▶ What needs to be done:
Send back the records in full, character for character.

▶ Excerpted data:
• • • • •
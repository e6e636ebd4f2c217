-- ===== src/Feed/Main.antt =====
-- What `main` of apps/wsfeed/main.go reads from its environment, and `drain`, by which it waits for the
-- sessions at the end.
pub mod Admits
pub mod Drained
mod Tests
use pok.Feed.Hub.Steps.{Action, act}
use pok.Feed.Hub.{Hub, new_hub}
use pok.Prelude.Atoi.{atoi_value}
use pok.Prelude.Bytes.{Bytes, bytes}
use pok.Prelude.Env.{env}
use pok.Prelude.Int.{ℤ, pos, is_nonpos, pos_part}
use pok.Prelude.Tests.{nat_beq, if◌then◌else◌}
use pok.Prelude.{ℕ, Bool, true, false, Option, none, some, List, [], ◌∷◌}

-- WS_MAX_CLIENTS, where the error of strconv.Atoi is dropped.
unfoldable pub max_clients : (Bytes → Bytes) → ℕ
unfolding env atoi_value
max_clients getenv =
    let n = atoi_value (env getenv (bytes "WS_MAX_CLIENTS") (bytes "256")) in
    if is_nonpos n then 256 else pos_part n

unfoldable pub feed : (Bytes → Bytes) → Hub
unfolding max_clients new_hub
feed getenv = new_hub (max_clients getenv)

abbrev before_all : ℕ → List Bytes → List Bytes
before_all c [] = (c ∷ []) ∷ []
before_all c (part ∷ parts) = (c ∷ part) ∷ parts

-- The parts between commas: strings.Split(s, ",")
unfoldable pub split_comma : Bytes → List Bytes
split_comma [] = [] ∷ []
split_comma (c ∷ s) =
    let rest = split_comma s in if nat_beq c b',' then [] ∷ rest else before_all c rest

unfoldable pub allowed_origins : (Bytes → Bytes) → List Bytes
unfolding env split_comma
allowed_origins getenv = split_comma (
    env getenv (bytes "ALLOWED_ORIGINS")
      (bytes "pok.somegroup.net,demo.somegroup.net,dev.somegroup.net"))

-- While `drain` waits: what happens to the hub, the goroutine in which sessions.Wait() returns, and
-- the end of the timeout.
pub data Waiting : Type 0 where
  acts : Action → Waiting
  waited : Waiting
  timed_out : Waiting

-- What `drain` returns, with the hub at that time; `none` if it still waits, or a session panics.
unfoldable pub drain : List Waiting → Hub → Option (Bool × Hub)
drain [] h = none
drain (timed_out ∷ events) h = some (false, h)
drain (waited ∷ events) h =
    let rest = drain events h in if nat_beq h.sessions 0 then some (true, h) else rest
drain (acts a ∷ events) h = elim (act a h) [ none ↦ none | some g ↦ drain events g ]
• • • • •
▶ Result of the task:
repository e6e636ebd4f2c217
-- ===== src/Feed/Main.antt =====
-- What `main` of apps/wsfeed/main.go reads from its environment, and `drain`, by which it waits for the
-- sessions at the end.
pub mod Admits
pub mod Drained
mod Tests
use pok.Feed.Hub.Steps.{Action, act}
use pok.Feed.Hub.{Hub, new_hub}
use pok.Prelude.Atoi.{atoi_value}
use pok.Prelude.Bytes.{Bytes, bytes}
use pok.Prelude.Env.{env}
use pok.Prelude.Int.{ℤ, pos, is_nonpos, pos_part}
use pok.Prelude.Tests.{nat_beq, if◌then◌else◌}
use pok.Prelude.{ℕ, Bool, true, false, Option, none, some, List, [], ◌∷◌}

-- WS_MAX_CLIENTS, where the error of strconv.Atoi is dropped.
unfoldable pub max_clients : (Bytes → Bytes) → ℕ
unfolding env atoi_value
max_clients getenv =
    let n = atoi_value (env getenv (bytes "WS_MAX_CLIENTS") (bytes "256")) in
    if is_nonpos n then 256 else pos_part n

unfoldable pub feed : (Bytes → Bytes) → Hub
unfolding max_clients new_hub
feed getenv = new_hub (max_clients getenv)

abbrev before_all : ℕ → List Bytes → List Bytes
before_all c [] = (c ∷ []) ∷ []
before_all c (part ∷ parts) = (c ∷ part) ∷ parts

-- The parts between commas: strings.Split(s, ",")
unfoldable pub split_comma : Bytes → List Bytes
split_comma [] = [] ∷ []
split_comma (c ∷ s) =
    let rest = split_comma s in if nat_beq c b',' then [] ∷ rest else before_all c rest

unfoldable pub allowed_origins : (Bytes → Bytes) → List Bytes
unfolding env split_comma
allowed_origins getenv = split_comma (
    env getenv (bytes "ALLOWED_ORIGINS")
      (bytes "pok.somegroup.net,demo.somegroup.net,dev.somegroup.net"))

-- While `drain` waits: what happens to the hub, the goroutine in which sessions.Wait() returns, and
-- the end of the timeout.
pub data Waiting : Type 0 where
  acts : Action → Waiting
  waited : Waiting
  timed_out : Waiting

-- What `drain` returns, with the hub at that time; `none` if it still waits, or a session panics.
unfoldable pub drain : List Waiting → Hub → Option (Bool × Hub)
drain [] h = none
drain (timed_out ∷ events) h = some (false, h)
drain (waited ∷ events) h =
    let rest = drain events h in if nat_beq h.sessions 0 then some (true, h) else rest
drain (acts a ∷ events) h = elim (act a h) [ none ↦ none | some g ↦ drain events g ]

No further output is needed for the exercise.